Introduction
The most reliable sign of an immature ML project is the phrase “it works on my machine.” In ML this phrase is especially dangerous because the gap between “works locally” and “works in production” is wider than in most software. You have Python version differences, CUDA version mismatches, transitive dependency conflicts, packages that behave differently on different OS versions, and models that produce subtly different outputs depending on which version of numpy was used to preprocess the training data.
This post is about treating ML dependencies as a first-class engineering problem.
Why ML dependencies are harder than regular software dependencies
In web services, a dependency is usually just code. In ML projects, dependencies affect numerical outputs. A BLAS library update can change floating-point results. A different numpy version can change array operation behaviour in edge cases. A PyTorch minor version upgrade can change the default initialisation scheme for a layer type.

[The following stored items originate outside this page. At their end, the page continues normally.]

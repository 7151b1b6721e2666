-- ===== src/ReadWrite.antt =====
-- src/stm/read_write.h, for the 64-bit build of x86 (TLSTM_64, ALLOW_UNALIGNED_ACCESSES): transactional
-- reads and writes of 1, 2, 4 and 8 bytes and of regions, on top of the words that a transaction
-- reads and writes.
pub mod Union
pub mod Read
pub mod Write
pub mod Float
pub mod Region
pub mod Memset
pub mod Strings
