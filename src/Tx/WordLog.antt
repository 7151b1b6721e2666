-- ===== src/Tx/WordLog.antt =====
-- The words that a transaction has written under one write lock: `WriteWordLogEntry`, the methods
-- of `WriteLogEntry` and `MaskWord` of src/stm/transaction_mixinv.h. The entries that are linked from
-- `head` are a list; a new one is linked in front.
pub mod Merge
pub mod Store
use Prim.Native.Nat.{bit_and, bit_or}
use tlstm.Prelude.{
  ℕ, ◌+◌, ◌-◌, ◌^◌, ◌<◌, Bool, true, false, Option, none, some, List, [], ◌∷◌, ◌==◌, if◌then◌else◌,
  update,
}
use tlstm.Prelude.Bits.{bit_not}
use tlstm.Common.Constants.{address_space_size, word_mod}

pub record WriteWordLogEntry : Type 0 where
  pub address : ℕ
  pub value : ℕ
  pub mask : ℕ

-- `~0x0`
abbrev pub log_entry_unmasked : ℕ
log_entry_unmasked = word_mod - 1

-- The memory of the process, a word at each address.
abbrev pub Memory : Type 0
Memory = ℕ → ℕ

unfoldable pub mask_word : (old val mask : ℕ) → ℕ
mask_word old val mask =
    if mask == log_entry_unmasked
    then val
    else bit_or (bit_and old (bit_not address_space_size mask)) (bit_and val mask)

-- `MaskWord(entry)`
unfoldable pub mask_entry : Memory → WriteWordLogEntry → ℕ
mask_entry memory entry = mask_word (memory entry.address) entry.value entry.mask

unfoldable pub find_word_log_entry : ℕ → List WriteWordLogEntry → Option WriteWordLogEntry
find_word_log_entry address [] = none
find_word_log_entry address (curr ∷ rest) =
    if curr.address == address then some curr else find_word_log_entry address rest

-- The update of the entry that was found, in its place.
unfoldable pub merge_found :
    (address value mask : ℕ) → List WriteWordLogEntry → List WriteWordLogEntry
merge_found address value mask [] = []
merge_found address value mask (entry ∷ rest) =
    let rest' = merge_found address value mask rest in
    if entry.address == address
    then record entry { value = mask_word entry.value value mask; mask = bit_or entry.mask mask }
      ∷ rest
    else entry ∷ rest'

unfoldable pub insert_word_log_entry :
    (address value mask : ℕ) → List WriteWordLogEntry → List WriteWordLogEntry
insert_word_log_entry address value mask head = elim (find_word_log_entry address head) [
  | none ↦ record { address = address; value = value; mask = mask } ∷ head
  | some entry ↦ merge_found address value mask head
]

-- The loop of the commit that stores the words of one write log entry.
unfoldable pub write_back : List WriteWordLogEntry → Memory → Memory
write_back [] memory = memory
write_back (entry ∷ rest) memory =
    write_back rest (update memory entry.address (mask_entry memory entry))
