-- ===== src/ReadWrite/Union.antt =====
-- `read_write_conv_t` of src/stm/read_write.h: sixteen bytes, read and written at several sizes by
-- its members, and the transaction as this file sees it, a word at each word address.
pub mod Bytes
pub mod Window
use tlstm.Prelude.{ℕ, zero, suc, ◌+◌, ◌-◌, ◌*◌, ◌/◌, ◌%◌, ◌&&◌, leb, ltb, if◌then◌else◌, update}
use tlstm.Tx.WordLog.{Memory, mask_word, log_entry_unmasked}

-- Byte `k` of a little-endian number.
unfoldable pub byte : ℕ → ℕ → ℕ
byte w zero = w % 256
byte w (suc k) = byte (w / 256) k

-- The bytes of the union, from its start.
abbrev pub Union : Type 0
Union = ℕ → ℕ

-- The bytes of a union that is declared and not set: the ones that the stack holds there.
abbrev pub uninitialised : ℕ → Union
uninitialised stack i = byte stack i

-- A member of `n` bytes at offset `off` is assigned `w`.
abbrev pub store : (n off w : ℕ) → Union → Union
store n off w u i = if leb off i && ltb i (off + n) then byte w (i - off) else u i

-- A member of `n` bytes at offset `off` is read.
unfoldable pub load : (n off : ℕ) → Union → ℕ
load zero off u = 0
load (suc n) off u = u off + 256 * load n (off + 1) u

-- The offsets of the members.
abbrev pub b8 : ℕ → ℕ
b8 i = i

abbrev pub b16 : ℕ → ℕ
b16 i = 2 * i

abbrev pub b32 : ℕ → ℕ
b32 i = 4 * i

abbrev pub b64 : ℕ → ℕ
b64 i = 8 * i

-- Where a member stands in a `struct` after `pad` bytes, when its alignment is `n`: the structs of the
-- union are not packed, so the compiler goes on to the next multiple of `n`.
abbrev pub aligned_up : (n pad : ℕ) → ℕ
aligned_up n pad = pad + (n - 1) - (pad + (n - 1)) % n

-- `mask_16.b16[i]`, after one byte.
abbrev pub mask_16 : ℕ → ℕ
mask_16 i = aligned_up 2 1 + 2 * i

-- `mask_32_k.b32[i]`, after `k` bytes.
abbrev pub mask_32 : ℕ → ℕ → ℕ
mask_32 k i = aligned_up 4 k + 4 * i

-- `mask_64_k.b64`, after `k` bytes.
abbrev pub mask_64 : ℕ → ℕ
mask_64 k = aligned_up 8 k

-- `addr & MASK_64` and `addr & ~MASK_64`
abbrev pub word64_pos : ℕ → ℕ
word64_pos addr = addr % 8

abbrev pub word64_address : ℕ → ℕ
word64_address addr = addr - addr % 8

-- `tx->ReadWord(addr)` and `tx->WriteWord(addr, val, mask)`, on what the transaction sees at each
-- word address: Tx.Write and Tx.Read, without the restart.
abbrev pub read_word : Memory → ℕ → ℕ
read_word m addr = m addr

abbrev pub write_word : Memory → (addr val mask : ℕ) → Memory
write_word m addr val mask = update m addr (mask_word (m addr) val mask)

-- `tx->WriteWord(addr, val)`: the mask is LOG_ENTRY_UNMASKED.
abbrev pub write_whole : Memory → (addr val : ℕ) → Memory
write_whole m addr val = write_word m addr val log_entry_unmasked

This means dependency drift is not just a build problem — it’s a reproducibility problem. A model that performed at 94% accuracy at training time might perform at 92% in production, and the root cause might be that scikit-learn 1.2 and 1.3 handle feature scaling slightly differently.
The four layers of the problem
1. Python interpreter version
Lock this. Not to a minor version — to a patch. python3.11.7, not python3.11. Use pyenv or, better, build a base container image that pins it.
2. Direct dependencies
Use a proper lockfile. pip freeze > requirements.txt produces a flat list but doesn’t capture why each package is there or manage conflicts well. pip-tools, poetry, or uv all give you a separation between what you depend on and what gets installed, which is the right model.

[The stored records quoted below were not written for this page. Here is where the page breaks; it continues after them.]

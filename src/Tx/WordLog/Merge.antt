-- ===== src/Tx/WordLog/Merge.antt =====
-- Logging words and writing them back is the same as storing them at once.
use Prim.Native.Nat.{bit_or}
use tlstm.Prelude.{ℕ, ◌<◌, ◌≡◌, ◌==◌, Bool-cases, inl, inr, ==_iff, sym, ap, ◌∙◌}
use tlstm.Prelude.Bits.{select, select-lt, bits-eq-select, select-select, select_all, bit_or-lt}
use tlstm.Common.Constants.{word_mod, address_space_size}
use tlstm.Tx.WordLog.{log_entry_unmasked, mask_word}

-- A value or a mask that fits a `Word`.
abbrev pub IsWord : ℕ → Type 0
IsWord x = x < word_mod

pub mask_word-select :
    (old val mask : ℕ)
    → IsWord old
    → IsWord val
    → IsWord mask
    → mask_word old val mask ≡ select address_space_size old val mask
unfolding mask_word
mask_word-select old val mask ho hv hm = elim (Bool-cases (mask == log_entry_unmasked)) [
  | inl all ↦
      rw (all, (==_iff mask log_entry_unmasked).0 all)
        (sym (select_all address_space_size old val hv))
  | inr some_bits ↦ rw some_bits (bits-eq-select address_space_size old val mask ho hv hm)
]

pub mask_word-IsWord :
    (old val mask : ℕ) → IsWord old → IsWord val → IsWord mask → IsWord (mask_word old val mask)
mask_word-IsWord old val mask ho hv hm =
    rw (mask_word-select old val mask ho hv hm) (select-lt address_space_size old val mask)

-- Masking a word twice is masking it once with the merged value, under the union of the masks.
pub mask_word-mask_word :
    (old val val' mask mask' : ℕ)
    → IsWord old
    → IsWord val
    → IsWord val'
    → IsWord mask
    → IsWord mask'
    → mask_word (mask_word old val mask) val' mask'
      ≡ mask_word old (mask_word val val' mask') (bit_or mask mask')
mask_word-mask_word old val val' mask mask' ho hv hv' hm hm' =
    mask_word-select _ val' mask' (mask_word-IsWord old val mask ho hv hm) hv' hm'
    ∙ ap (λ x. select address_space_size x val' mask') (mask_word-select old val mask ho hv hm)
    ∙ select-select address_space_size old val val' mask mask'
    ∙ ap (λ x. select address_space_size old x (bit_or mask mask'))
        (sym (mask_word-select val val' mask' hv hv' hm'))
    ∙ sym (
        mask_word-select old _ (bit_or mask mask') ho (mask_word-IsWord val val' mask' hv hv' hm')
          (bit_or-lt address_space_size mask mask' hm hm'))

For ML projects specifically, treat your training environment and inference environment as separate dependency sets. They share a core (numpy, your model library) but have different extras (Jupyter, data loaders, augmentation libraries vs. a lean serving stack).

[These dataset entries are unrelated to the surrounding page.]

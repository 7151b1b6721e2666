-- ===== src/ReadWrite/Union/Bytes.antt =====
-- Bytes of numbers: members of the union are their bytes, and a masked word is masked byte by byte.
use tlstm.Prelude.{ℕ, zero, suc, ◌+◌, ◌-◌, ◌*◌, ◌/◌, ◌%◌, ◌^◌, ◌<◌, ◌≡◌, refl, ap, ◌∙◌, arith}
use tlstm.Prelude.Bits.{select, select-lt}
use tlstm.ReadWrite.Union.{byte, Union, load}
use tlstm.Tx.WordLog.{mask_word}
use tlstm.Tx.WordLog.Merge.{IsWord, mask_word-select, mask_word-IsWord}
use native.Mathlib.Nat.{pow-suc, one-le-pow}

pub byte-lt : (w k : ℕ) → byte w k < 256
unfolding byte
byte-lt w zero = omega arith
byte-lt w (suc k) = byte-lt (w / 256) k

-- Every entry of the union is a byte.
abbrev pub IsBytes : Union → Type 0
IsBytes u = (i : ℕ) → u i < 256

byte-suc : (w a k : ℕ) → a < 256 → byte (a + 256 * w) (suc k) ≡ byte w k
unfolding byte
byte-suc w a k h = ap (λ x. byte x k) (omega arith)

pub byte-load :
    (u : Union) → IsBytes u → (n off k : ℕ) → k < n → byte (load n off u) k ≡ u (off + k)
unfolding byte load
byte-load u bytes zero off k h = absurd (omega arith)
byte-load u bytes (suc n) off zero h =
    let here : off + 0 ≡ off = omega arith in rw here (omega (arith, bytes off))
byte-load u bytes (suc n) off (suc k) h =
    byte-suc (load n (off + 1) u) (u off) k (bytes off)
    ∙ byte-load u bytes n (off + 1) k (omega arith)
    ∙ ap u (omega arith)

pub load-lt : (u : Union) → IsBytes u → (n off : ℕ) → load n off u < 256 ^ n
unfolding load
load-lt u bytes zero off = omega arith
load-lt u bytes (suc n) off = omega (arith, pow-suc 256 n, bytes off, load-lt u bytes n (off + 1))

-- A member reads its own bytes only.
pub load-eq :
    (u v : Union) (n off off' : ℕ)
    → ((i : ℕ) → i < n → u (off + i) ≡ v (off' + i))
    → load n off u ≡ load n off' v
unfolding load
load-eq u v zero off off' h = refl
load-eq u v (suc n) off off' h =
    let here : u off ≡ v off' = ap u (omega arith) ∙ h 0 (omega arith) ∙ ap v (omega arith) in
    let rest : load n (off + 1) u ≡ load n (off' + 1) v =
      load-eq u v n (off + 1) (off' + 1)
        (λ i lt. ap u (omega arith) ∙ h (i + 1) (omega arith) ∙ ap v (omega arith)) in
    rw (here, rest)

-- The bytes of a number make the number.
pub load-byte :
    (w n off : ℕ) (u : Union)
    → w < 256 ^ n
    → ((i : ℕ) → i < n → u (off + i) ≡ byte w i)
    → load n off u ≡ w
unfolding load byte
load-byte w zero off u lt h = omega arith
load-byte w (suc n) off u lt h =
    let here : u off ≡ w % 256 = ap u (omega arith) ∙ h 0 (omega arith) in
    omega (
      arith,
      here,
      load-byte (w / 256) n (off + 1) u (omega (arith, pow-suc 256 n))
          (λ i l. ap u (omega arith) ∙ h (suc i) (omega arith)),
    )

pub byte_ones : (n k : ℕ) → k < n → byte (256 ^ n - 1) k ≡ 255
unfolding byte
byte_ones zero k h = absurd (omega arith)
byte_ones (suc n) zero h = omega (arith, pow-suc 256 n, one-le-pow n 256)
byte_ones (suc n) (suc k) h =
    ap (λ x. byte x k) (omega (arith, pow-suc 256 n, one-le-pow n 256))
    ∙ byte_ones n k (omega arith)

pub byte_zero : (k : ℕ) → byte 0 k ≡ 0
unfolding byte
byte_zero zero = refl
byte_zero (suc k) = byte_zero k

-- One more byte below a selection.
select_byte :
    (n old val mask : ℕ)
    → select (suc (suc (suc (suc (suc (suc (suc (suc n)))))))) old val mask
      ≡ select 8 old val mask + 256 * select n (old / 256) (val / 256) (mask / 256)
unfolding select
select_byte n old val mask = rw (eighth old, eighth val, eighth mask) (omega arith)
  where
    eighth : (x : ℕ) → x / 2 / 2 / 2 / 2 / 2 / 2 / 2 / 2 ≡ x / 256
    eighth x = omega arith

-- A selection reads the low digits only.
select_low :
    (k o v m a b c : ℕ) → select k (o + 2 ^ k * a) (v + 2 ^ k * b) (m + 2 ^ k * c) ≡ select k o v m
unfolding select
select_low zero o v m a b c = refl
select_low (suc k) o v m a b c = rw (
  digit o a,
  digit v b,
  digit m c,
  rest o a,
  rest v b,
  rest m c,
  select_low k (o / 2) (v / 2) (m / 2) a b c,
)
  where
    twice : (x : ℕ) → 2 ^ suc k * x ≡ 2 * (2 ^ k * x)
    twice x = rw pow-suc (grind arith)

    digit : (x y : ℕ) → (x + 2 ^ suc k * y) % 2 ≡ x % 2
    digit x y = omega (arith, twice y)

    rest : (x y : ℕ) → (x + 2 ^ suc k * y) / 2 ≡ x / 2 + 2 ^ k * y
    rest x y = omega (arith, twice y)

select_low_byte :
    (old val mask : ℕ) → select 8 old val mask ≡ select 8 (old % 256) (val % 256) (mask % 256)
select_low_byte old val mask =
    ap (λ x. select 8 x val mask) (parts old)
    ∙ ap (λ x. select 8 (old % 256 + 2 ^ 8 * (old / 256)) x mask) (parts val)
    ∙ ap (λ x. select 8 (old % 256 + 2 ^ 8 * (old / 256)) (val % 256 + 2 ^ 8 * (val / 256)) x)
        (parts mask)
    ∙ select_low 8 (old % 256) (val % 256) (mask % 256) (old / 256) (val / 256) (mask / 256)
  where
    parts : (x : ℕ) → x ≡ x % 256 + 2 ^ 8 * (x / 256)
    parts x = omega arith

select_bytes :
    (j old val mask : ℕ)
    → select (8 * suc j) old val mask
      ≡ select 8 old val mask + 256 * select (8 * j) (old / 256) (val / 256) (mask / 256)
select_bytes j old val mask =
    ap (λ n. select n old val mask) (omega arith) ∙ select_byte (8 * j) old val mask

-- A selection is made byte by byte.
byte-select :
    (j k old val mask : ℕ)
    → k < j
    → byte (select (8 * j) old val mask) k ≡ select 8 (byte old k) (byte val k) (byte mask k)
unfolding byte
byte-select zero k old val mask h = absurd (omega arith)
byte-select (suc j) zero old val mask h =
    omega (arith, select_bytes j old val mask, select-lt 8 old val mask)
    ∙ select_low_byte old val mask
byte-select (suc j) (suc k) old val mask h =
    ap (λ x. byte x (suc k)) (select_bytes j old val mask)
    ∙ byte-suc _ _ k (select-lt 8 old val mask)
    ∙ byte-select j k (old / 256) (val / 256) (mask / 256) (omega arith)

-- The word that a masked write of the union's first or second word leaves, at each of its bytes.
pub byte-mask_word :
    (old : ℕ) (val mask : Union) (off k : ℕ)
    → IsWord old
    → IsBytes val
    → IsBytes mask
    → k < 8
    → byte (mask_word old (load 8 off val) (load 8 off mask)) k
      ≡ select 8 (byte old k) (val (off + k)) (mask (off + k))
byte-mask_word old val mask off k ho hv hm h =
    rw
      (mask_word-select old (load 8 off val) (load 8 off mask) ho (load-lt val hv 8 off)
        (load-lt mask hm 8 off))
      (byte-select 8 k old (load 8 off val) (load 8 off mask) h
        ∙ rw (byte-load val hv 8 off k h, byte-load mask hm 8 off k h))

pub mask_word-load-IsWord :
    (old : ℕ) (val mask : Union) (off : ℕ)
    → IsWord old
    → IsBytes val
    → IsBytes mask
    → IsWord (mask_word old (load 8 off val) (load 8 off mask))
mask_word-load-IsWord old val mask off ho hv hm =
    mask_word-IsWord old _ _ ho (load-lt val hv 8 off) (load-lt mask hm 8 off)
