-- ===== src/ReadWrite/Union/Window.antt =====
-- The memory of a transaction seen byte by byte, and what a masked write of a word does to it.
use tlstm.Prelude.{
  ℕ, ◌+◌, ◌-◌, ◌%◌, ◌≤◌, ◌<◌, ◌≡◌, refl, sym, ap, ◌∙◌, arith, ◌==◌, ◌&&◌, leb, ltb, true, false,
  if◌then◌else◌, Bool, Bool-cases, inl, inr, if_true, if_false, ==_iff,
}
use tlstm.Prelude.Bits.{select, select_all, select_none}
use tlstm.Tx.WordLog.{Memory}
use tlstm.Tx.WordLog.Merge.{IsWord}
use tlstm.ReadWrite.Union.{byte, Union, load, word64_address, word64_pos, write_word}
use tlstm.ReadWrite.Union.Bytes.{IsBytes, byte-lt, byte-mask_word, mask_word-load-IsWord}

-- The byte at an address.
abbrev pub byte_at : Memory → ℕ → ℕ
byte_at m addr = byte (m (word64_address addr)) (word64_pos addr)

abbrev pub AreWords : Memory → Type 0
AreWords m = (addr : ℕ) → IsWord (m addr)

-- The memory `m'` is `m` but for `n` bytes from `addr` on, which are those of `bytes`.
abbrev pub Stores : (m m' : Memory) (addr n : ℕ) → (ℕ → ℕ) → Type 0
Stores m m' addr n bytes =
    (b : ℕ)
    → byte_at m' b ≡ (if leb addr b && ltb b (addr + n) then bytes (b - addr) else byte_at m b)

-- The masked write of the union's word at `off` to the word at `base`.
abbrev pub write_masked : Memory → (base off : ℕ) → Union → Union → Memory
write_masked m base off val mask = write_word m base (load 8 off val) (load 8 off mask)

-- The union's two words are written to two neighbours.
abbrev pub write_pair : Memory → (base : ℕ) → Union → Union → Memory
write_pair m base val mask = write_masked (write_masked m base 0 val mask) (base + 8) 8 val mask

module _ (m : Memory) (words : AreWords m) (base off : ℕ) (val mask : Union) (hv : IsBytes val)
    (hm : IsBytes mask) where
  pub write_masked-AreWords : AreWords (write_masked m base off val mask)
  write_masked-AreWords addr = elim (Bool-cases (addr == base)) [
    | inl e ↦ rw e (mask_word-load-IsWord (m base) val mask off (words base) hv hm)
    | inr e ↦ rw e (words addr)
  ]

  pub byte_at-write_masked :
      (b : ℕ)
      → byte_at (write_masked m base off val mask) b ≡ (
          if word64_address b == base
          then select 8 (byte_at m b) (val (off + b % 8)) (mask (off + b % 8))
          else byte_at m b)
  byte_at-write_masked b = elim (Bool-cases (word64_address b == base)) [
    | inl e ↦ rw e (
        byte-mask_word (m base) val mask off (b % 8) (words base) hv hm (omega arith)
        ∙ ap (λ w. select 8 (byte (m w) (b % 8)) (val (off + b % 8)) (mask (off + b % 8)))
            (sym ((==_iff _ base).0 e)))
    | inr e ↦ rw e refl
  ]

-- A byte under an empty mask stays.
select_byte :
    (old new mask ones : ℕ) (c : Bool)
    → old < 256
    → mask ≡ (if c then ones else 0)
    → select 8 old new mask ≡ (if c then select 8 old new ones else old)
select_byte old new mask ones true ho h = rw h refl
select_byte old new mask ones false ho h = rw h (select_none 8 old new ho)

-- The memory `m'` is `m` but for `n` bytes from `addr` on, which take the bits of `bytes` where
-- `ones` has a one.
abbrev pub StoresUnder : (m m' : Memory) (addr n : ℕ) (bytes ones : ℕ → ℕ) → Type 0
StoresUnder m m' addr n bytes ones =
    (b : ℕ)
    → byte_at m' b ≡ (
        if leb addr b && ltb b (addr + n)
        then select 8 (byte_at m b) (bytes (b - addr)) (ones (b - addr))
        else byte_at m b)

-- Under full masks that is a plain store.
pub StoresUnder-full :
    (m m' : Memory) (addr n : ℕ) (bytes ones : ℕ → ℕ)
    → StoresUnder m m' addr n bytes ones
    → ((i : ℕ) → i < n → ones i ≡ 255)
    → ((i : ℕ) → bytes i < 256)
    → Stores m m' addr n bytes
StoresUnder-full m m' addr n bytes ones s h small b =
    s b ∙ elim (Bool-cases (leb addr b && ltb b (addr + n))) [
      | inl t ↦
          rw (t, h (b - addr) (ground arith))
            (select_all 8 (byte_at m b) (bytes (b - addr)) (small (b - addr)))
      | inr t ↦ rw t refl
    ]

-- The mask has the bytes of `ones` from `pos` to `pos + n` and none elsewhere, and the value has
-- those of `bytes` there.
pub record Covers (val mask : Union) (pos n : ℕ) (bytes ones : ℕ → ℕ) (limit : ℕ) : Type 0 where
  pub masked :
      (q : ℕ) → q < limit → mask q ≡ (if leb pos q && ltb q (pos + n) then ones (q - pos) else 0)
  pub valued : (q : ℕ) → pos ≤ q → q < pos + n → val q ≡ bytes (q - pos)

Covers-select :
    (val mask : Union) (pos n : ℕ) (bytes ones : ℕ → ℕ) (limit old base b q : ℕ)
    → Covers val mask pos n bytes ones limit
    → old < 256
    → q < limit
    → b ≡ base + q
    → select 8 old (val q) (mask q) ≡ (
        if leb (base + pos) b && ltb b (base + pos + n)
        then select 8 old (bytes (b - (base + pos))) (ones (b - (base + pos)))
        else old)
Covers-select val mask pos n bytes ones limit old base b q c ho h e =
    let shift : q - pos ≡ b - (base + pos) = omega arith in
    select_byte old (val q) (mask q) (ones (q - pos)) (leb pos q && ltb q (pos + n)) ho
      (c.masked q h)
    ∙ elim (Bool-cases (leb pos q && ltb q (pos + n))) [
      | inl t ↦
          rw (t, c.valued q (ground arith) (ground arith), shift)
            (sym (if_true {b = leb (base + pos) b && ltb b (base + pos + n)} _ _ (ground arith)))
      | inr t ↦
          rw t
            (sym (if_false {b = leb (base + pos) b && ltb b (base + pos + n)} _ _ (ground arith)))
    ]

-- A byte outside the word, and outside the range.
outside_word :
    (base pos n b old : ℕ) (new : ℕ)
    → base % 8 ≡ 0
    → pos + n ≤ 8
    → (word64_address b == base) ≡ false
    → old ≡ (if leb (base + pos) b && ltb b (base + pos + n) then new else old)
outside_word base pos n b old new aligned h e = ground arith

word_byte : (base b : ℕ) → (word64_address b == base) ≡ true → b ≡ base + (0 + b % 8)
word_byte base b e = ground arith

next_word_byte : (base b : ℕ) → (word64_address b == base + 8) ≡ true → b ≡ base + (8 + b % 8)
next_word_byte base b e = ground arith

outside_words :
    (base pos n b old : ℕ) (new : ℕ)
    → base % 8 ≡ 0
    → pos + n ≤ 16
    → (word64_address b == base) ≡ false
    → (word64_address b == base + 8) ≡ false
    → old ≡ (if leb (base + pos) b && ltb b (base + pos + n) then new else old)
outside_words base pos n b old new aligned h e e' = ground arith

module _ (m : Memory) (words : AreWords m) (base : ℕ) (val mask : Union) (aligned : base % 8 ≡ 0)
    (hv : IsBytes val) (hm : IsBytes mask) (pos n : ℕ) (bytes ones : ℕ → ℕ) where
  -- A range within one word.
  pub write_masked-StoresUnder :
      Covers val mask pos n bytes ones 8
      → pos + n ≤ 8
      → StoresUnder m (write_masked m base 0 val mask) (base + pos) n bytes ones
  write_masked-StoresUnder c h b =
      byte_at-write_masked m words base 0 val mask hv hm b
      ∙ elim (Bool-cases (word64_address b == base)) [
        | inl e ↦ rw e (
            Covers-select val mask pos n bytes ones 8 (byte_at m b) base b (0 + b % 8) c
              (byte-lt _ _) (omega arith) (word_byte base b e))
        | inr e ↦ rw e (outside_word base pos n b (byte_at m b) _ aligned h e)
      ]

  -- A range that may reach into the next word.
  pub write_pair-StoresUnder :
      Covers val mask pos n bytes ones 16
      → pos + n ≤ 16
      → StoresUnder m (write_pair m base val mask) (base + pos) n bytes ones
  write_pair-StoresUnder c h b =
      byte_at-write_masked (write_masked m base 0 val mask)
        (write_masked-AreWords m words base 0 val mask hv hm) (base + 8) 8 val mask hv hm b
      ∙ elim (Bool-cases (word64_address b == base + 8)) [
        | inl e ↦
            rw (e, first-other e)
              (Covers-select val mask pos n bytes ones 16 (byte_at m b) base b (8 + b % 8) c
                (byte-lt _ _) (omega arith) (next_word_byte base b e))
        | inr e ↦ rw e (
            first ∙ elim (Bool-cases (word64_address b == base)) [
              | inl e' ↦ rw e' (
                  Covers-select val mask pos n bytes ones 16 (byte_at m b) base b (0 + b % 8) c
                    (byte-lt _ _) (omega arith) (word_byte base b e'))
              | inr e' ↦ rw e' (outside_words base pos n b (byte_at m b) _ aligned h e' e)
            ])
      ]
    where
      first : byte_at (write_masked m base 0 val mask) b ≡ (
          if word64_address b == base
          then select 8 (byte_at m b) (val (0 + b % 8)) (mask (0 + b % 8))
          else byte_at m b)
      first = byte_at-write_masked m words base 0 val mask hv hm b

      first-other :
          (word64_address b == base + 8) ≡ true
          → byte_at (write_masked m base 0 val mask) b ≡ byte_at m b
      first-other e = first ∙ if_false {b = word64_address b == base} _ _ (ground arith)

3. Native libraries and CUDA
This is where most container-based solutions break. If you pip install torch inside a container, you get CPU-only PyTorch unless you specifically target the CUDA wheel. And the CUDA wheel version must match the CUDA version installed in your base image, which must be compatible with the driver version on your GPU nodes.
The only reliable approach is to start from a known base — nvidia/cuda:12.2.0-cudnn8-runtime-ubuntu22.04 or the PyTorch base images — and build up from there. Never use a generic Python image for GPU workloads.
4. OS-level dependencies
Some Python packages are wrappers around native libraries: opencv-python, lightgbm, faiss. These have OS-level requirements (libgomp, libGL, etc.) that don’t appear in your Python lockfile. Document and install them explicitly in your Dockerfile.
A practical setup
FROM nvidia/cuda:12.2.0-cudnn8-runtime-ubuntu22.04
RUN apt-get update && apt-get install -y --no-install-recommends \
python3.11 python3.11-venv libgomp1 && \
rm -rf /var/lib/apt/lists/*
COPY requirements.txt .
RUN python3.11 -m pip install --no-cache-dir -r requirements.txt
And requirements.txt is the output of pip-compile (pip-tools) from a requirements.in that lists only your direct dependencies:
torch==2.2.0+cu122 --extra-index-url https://download.pytorch.org/whl/cu122
transformers==4.38.1
scikit-learn==1.4.0
numpy==1.26.4
Lock the full transitive tree. Commit the lockfile. Treat changes to it as requiring the same review attention as code changes.
For training reproducibility
Beyond dependencies, ML training reproducibility requires:
- Seeding:
torch.manual_seed,numpy.random.seed,random.seed, and — for GPU —torch.cuda.manual_seed_all - Deterministic ops:
torch.use_deterministic_algorithms(True)with the CUBLAS_WORKSPACE_CONFIG env var set - Data order: shuffle with a fixed seed, version your dataset alongside your model
None of this matters if your dependencies aren’t locked, because the same seed applied to different numerical primitives gives different results.
The payoff
A properly pinned ML environment means:
- A colleague can reproduce your training run 6 months later
- Production inference matches development behaviour
- Debugging is about your code and data, not your environment
- Upgrading a dependency is an explicit, reviewed decision rather than an accident
Dependency management is not glamorous work. But it is the foundation that makes everything else in MLOps reliable.